In Singapore they say the other side when they mean Johor — the causeway crossing, cheaper petrol, weekend makan, the country that begins where the strait ends. After 12 Years A Guest, when I finally took the career break, I did not fly home. I took it on the other side: Johor Bahru, a room, a router, a cat named Jie Mao, rent low enough to think. Same region, different jurisdiction — Singapore still visible on the map and in my calendar, but life anchored in Malaysia for most of 2025.
The other side of the guest years
Twelve years in Singapore taught me queues, MRT timing, and the quiet grammar of not-quite-belonging. Guest worker, guest artist, guest in a city that works if you keep moving. The break was not rebellion against that chapter — it was step two: keep Southeast Asia, lose the lease. JB is what Singaporeans treat as backup and what Johoreans treat as home; I treated it as launchpad — engineer on purpose, not adrift, nomad with a postal code.
Take it on the other side is the joke and the plan. Take remote work, take the pilgrimage tickets, take Songkran and Saigon and Bali — but from a base where the passport stamp is Malaysian and the causeway is a commute, not a crisis. The title is not a song lyric I can cite cleanly; it is the phrase I heard in hawker lines and WhatsApp groups until it became my address.
Base camp routine
The room was simple: desk by the window, kettle, Jie Mao claiming the chair by the router. Mornings were kopi and ticket triage; afternoons deep work; evenings groceries and sleep. When Singapore meetings needed clearer bandwidth I did what everyone on this border does — MRT north, bus to Woodlands, causeway south again with a laptop bag and the mild absurdity of living there while earning here. Sabbatical discipline: weekdays for salary and sprints, weekends for maps that started at JB Sentral.
Border cadence
JB taught stamps and patience — Woodlands queues, Tuas when the universe hated me, passport in hand, digital copies useless at the booth. Two-way rhythm: Singapore for standups and laksa when the queue justified it; Malaysia for rent, cat, and the slow exhale. Friends on both sides called the crossing normal; I called it proof the break was geographic, not escape — still wired to the island, no longer sleeping on it.
Food as calendar
JB taught me to eat by neighbourhood, not by Michelin. Taman Sentosa hawker rows for wanton mee when the week had been heavy; Austin Hill kopitiam when I needed quiet and kaya toast; causeway runs when Singapore laksa was worth the stamp. On the other side, food is how you mark Tuesdays versus Saturdays when the view from the window does not change much — and how you remember which country you woke up in without checking your phone.
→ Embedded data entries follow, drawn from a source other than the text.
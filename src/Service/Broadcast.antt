-- ===== src/Service/Broadcast.antt =====
-- QueueUpdate, runBroadcasts and broadcastPeers of global.go: the owner of a GLOBAL rate limit tells
-- the other peers what its buckets hold.
use gubernator.Global.Hits.{Hits, Interval, next}
use gubernator.Leaky.Capped.{CapLaws, WaitsForward}
use gubernator.Peers.Hash.{PeerClient}
use gubernator.Prelude.GoMap.{lookup, insert, lookup-insert}
use gubernator.Prelude.{
  ℕ, ◌^◌, ◌<◌, ℤ, pos, String, List, [], ◌∷◌, Option, none, some, false, ◌≡◌, ◌≢◌, Option-cases,
  refl, ◌⊎◌, inl, inr, All, leb, ◌==◌, str_eq, if◌then◌else◌, length, Bool-cases,
}
use gubernator.Service.Handlers.{Pool, UpdatePeerGlobal, get_rate_limit}
use gubernator.Service.Sound.{IsRegular, IsServing, get_rate_limit_lem}
use gubernator.Sound.{Sound}
use gubernator.Types.{RateLimitReq, created_at_of, hash_key}
use gubernator.World.{Runtime, Outcome, ok, err}
use gubernator.World.Keeps.{StoreKeeps}

pub record BroadcastLoop : Type 0 where
  pub updates : Hits
  pub interval : Interval

-- The case of an update: a later update of a key replaces an earlier one.
unfoldable pub receive_update : ℕ → RateLimitReq → BroadcastLoop → BroadcastLoop × List Hits
receive_update batch_limit update s =
    let updates = insert (hash_key update) update s.updates in
    if leb batch_limit (length updates) then (record s { updates = [] }, updates ∷ []) else (
      record {
        updates = updates;
        interval = if length updates == 1 then next s.interval else s.interval;
      },
      [],
    )

unfoldable pub broadcast_tick : BroadcastLoop → BroadcastLoop × List Hits
broadcast_tick s =
    let interval : Interval = record (s.interval) { ticked = false } in
    if length s.updates == 0
    then (record s { interval = interval }, [])
    else (record { updates = []; interval = interval }, s.updates ∷ [])

-- What waits or was just sent.
abbrev pub newest : BroadcastLoop × List Hits → Hits
newest (s, []) = s.updates
newest (s, batch ∷ _) = batch

-- After runBroadcasts receives an update, what waits or was just sent has that update under its
-- key, and under each other key what waited before.
pub receive_update_lem :
    (k : String) (n : ℕ) (update : RateLimitReq) (s : BroadcastLoop)
    → lookup k (newest (receive_update n update s))
      ≡ (if str_eq (hash_key update) k then some update else lookup k s.updates)
unfolding receive_update
receive_update_lem k n update s =
    elim (Bool-cases (leb n (length (insert (hash_key update) update s.updates)))) [
      | inl full ↦ rw (full, receive_update) (lookup-insert (hash_key update) k update s.updates)
      | inr room ↦ rw (room, receive_update) (lookup-insert (hash_key update) k update s.updates)
    ]

-- Its CreatedAt is not nil, as GetRateLimits and GetPeerRateLimits see to.
abbrev pub IsTimed : RateLimitReq → Type 0
IsTimed r = r.created_at ≢ none

-- An update without its hits: it asks for the state of the bucket.
abbrev pub query : RateLimitReq → RateLimitReq
query update = record update { hits = pos 0 }

-- The peers that a broadcast is sent to.
unfoldable pub recipients : List PeerClient → List PeerClient
recipients [] = []
recipients (p ∷ ps) = let rest = recipients ps in if p.info.is_owner then rest else p ∷ rest

-- A broadcast about a key of the batch.
abbrev pub About : Hits → UpdatePeerGlobal → Type 0
About [] g = ⊥
About ((k, r) ∷ hits) g = (g.key ≡ hash_key r) ⊎ About hits g

All-About :
    (k : String) (r : RateLimitReq) (hits : Hits) (gs : List UpdatePeerGlobal)
    → All (About hits) gs
    → All (About ((k, r) ∷ hits)) gs
All-About k r hits [] h = tt
All-About k r hits (g ∷ gs) h = (inr h.0, All-About k r hits gs h.1)

module _ {F S T : Type 0} (rt : Runtime F S T) (sum : String → ℕ) (ceiling : ℤ) where
  -- The time of an update is read when its state is known; without one that is a panic.
  unfoldable pub with_status :
      RateLimitReq → Outcome → List UpdatePeerGlobal → Option (List UpdatePeerGlobal)
  with_status update (ok resp) globals = elim update.created_at [
    | none ↦ none
    | some created_at ↦ some (
        record {
          key = hash_key update;
          status = resp;
          algorithm = update.algorithm;
          duration = update.duration;
          created_at = created_at;
        }
        ∷ globals)
  ]
  with_status update (err e) globals = some globals

  -- The body of the broadcast; an update whose state cannot be read is logged and left out.
  unfoldable pub broadcast_globals : T → Hits → Pool F S → Option (Pool F S × List UpdatePeerGlobal)
  broadcast_globals now [] p = some (p, [])
  broadcast_globals now ((k, update) ∷ updates) p =
      elim (get_rate_limit rt sum ceiling now (query update) false p) [
        | none ↦ none
        | some (p', out) ↦ elim (broadcast_globals now updates p') [
          | none ↦ none
          | some (p'', globals) ↦ elim (with_status update out globals) [
            | none ↦ none
            | some globals' ↦ some (p'', globals')
          ]
        ]
      ]

  -- The entries after an update whose time is set.
  abbrev pub entries : RateLimitReq → Outcome → List UpdatePeerGlobal → List UpdatePeerGlobal
  entries update (ok resp) globals =
      record {
        key = hash_key update;
        status = resp;
        algorithm = update.algorithm;
        duration = update.duration;
        created_at = created_at_of update;
      }
      ∷ globals
  entries update (err e) globals = globals

  pub with_status-entries :
      (r : RateLimitReq) (out : Outcome) (gs : List UpdatePeerGlobal)
      → IsTimed r
      → with_status r out gs ≡ some (entries r out gs)
  unfolding with_status
  with_status-entries r (ok resp) gs timed = elim (Option-cases r.created_at) [
    | inl unset ↦ absurd (timed unset)
    | inr (c, set) ↦ rw (set, with_status) (rw set refl)
  ]
  with_status-entries r (err e) gs timed = refl

  entries-About :
      (k : String) (r : RateLimitReq) (hits : Hits) (out : Outcome) (gs : List UpdatePeerGlobal)
      → All (About hits) gs
      → All (About ((k, r) ∷ hits)) (entries r out gs)
  entries-About k r hits (ok resp) gs h = (inl refl, All-About k r hits gs h)
  entries-About k r hits (err e) gs h = All-About k r hits gs h

  -- Take a pool whose caches are in order and sound, with between 1 and 2 ^ 63 workers, a number
  -- that divides 2 ^ 63; a checksum of 64 bits; float64 that keeps the cap laws; a store that hands
  -- out sound items only; and updates with no negative limit or burst and int64 limits whose time is set. Then a
  -- broadcast is put together without a panic, each of its entries is about a key of the batch, and
  -- the pool is again such a pool.
  pub broadcast_globals_lem :
      (laws : CapLaws rt.fl) (now : T) (updates : Hits) (p : Pool F S)
      → ((key : String) → sum key < 2 ^ 64)
      → StoreKeeps rt (Sound rt.fl)
      → All (λ e. IsRegular (query e.1) × WaitsForward (query e.1) × IsTimed e.1) updates
      → IsServing rt sum ceiling laws p
      → (p' : Pool F S) × (globals : List UpdatePeerGlobal) × (broadcast_globals now updates p
          ≡ some (p', globals))
        × All (About updates) globals
        × IsServing rt sum ceiling laws p'
  unfolding broadcast_globals
  broadcast_globals_lem laws now [] p bound s h v = (p, [], refl, tt, v)
  broadcast_globals_lem laws now ((k, update) ∷ updates) p bound s h v =
      let (p₁, out, e, v₁) =
        get_rate_limit_lem rt sum ceiling laws now (query update) false p bound s h.0.0 h.0.1 v in
      let (p₂, globals, e₂, listed, v₂) =
        broadcast_globals_lem laws now updates p₁ bound s h.1 v₁ in
      (
        p₂,
        entries update out globals,
        rw (e, broadcast_globals)
            (rw (e₂, broadcast_globals) (rw (with_status-entries update out globals h.0.2) refl)),
        entries-About k update updates out globals listed,
        v₂,
      )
Jie Mao cared only that something grilled returned to the room. The cat made sabbatical domestic: you are not performing travel; you are living somewhere cheap enough to think, one strait away from the city that shaped you.
Weekends versus weekdays
Weekdays belonged to tickets and terminals: KL, Penang, Melaka, later Saigon and Bali booked from the same desk. Weekends belonged to the map within an hour of JB — forest walks when the haze allowed, mall air when it did not, Stulang ferries when play still felt like play. I learned to pack light for forty-eight hours and heavy for nothing, always returning to the same side of the water before the next arc.
Launchpad
From here the map opened: late-January peninsula pilgrimage northbound, April Songkran in Krabi, May Batam from Berjaya Waterfront, a full Saigon month at the end of June, Bali after that, Da Nang and Hanoi when seasons turned. JB was where I downsized — belongings to trusted hands, one bag philosophy practiced until it felt normal — and where I landed again between trips, resetting laundry and router before the next stamp. Every departure assumed a return: the other side held the cat, the desk, and the proof that 2025 was a chosen base, not a drift.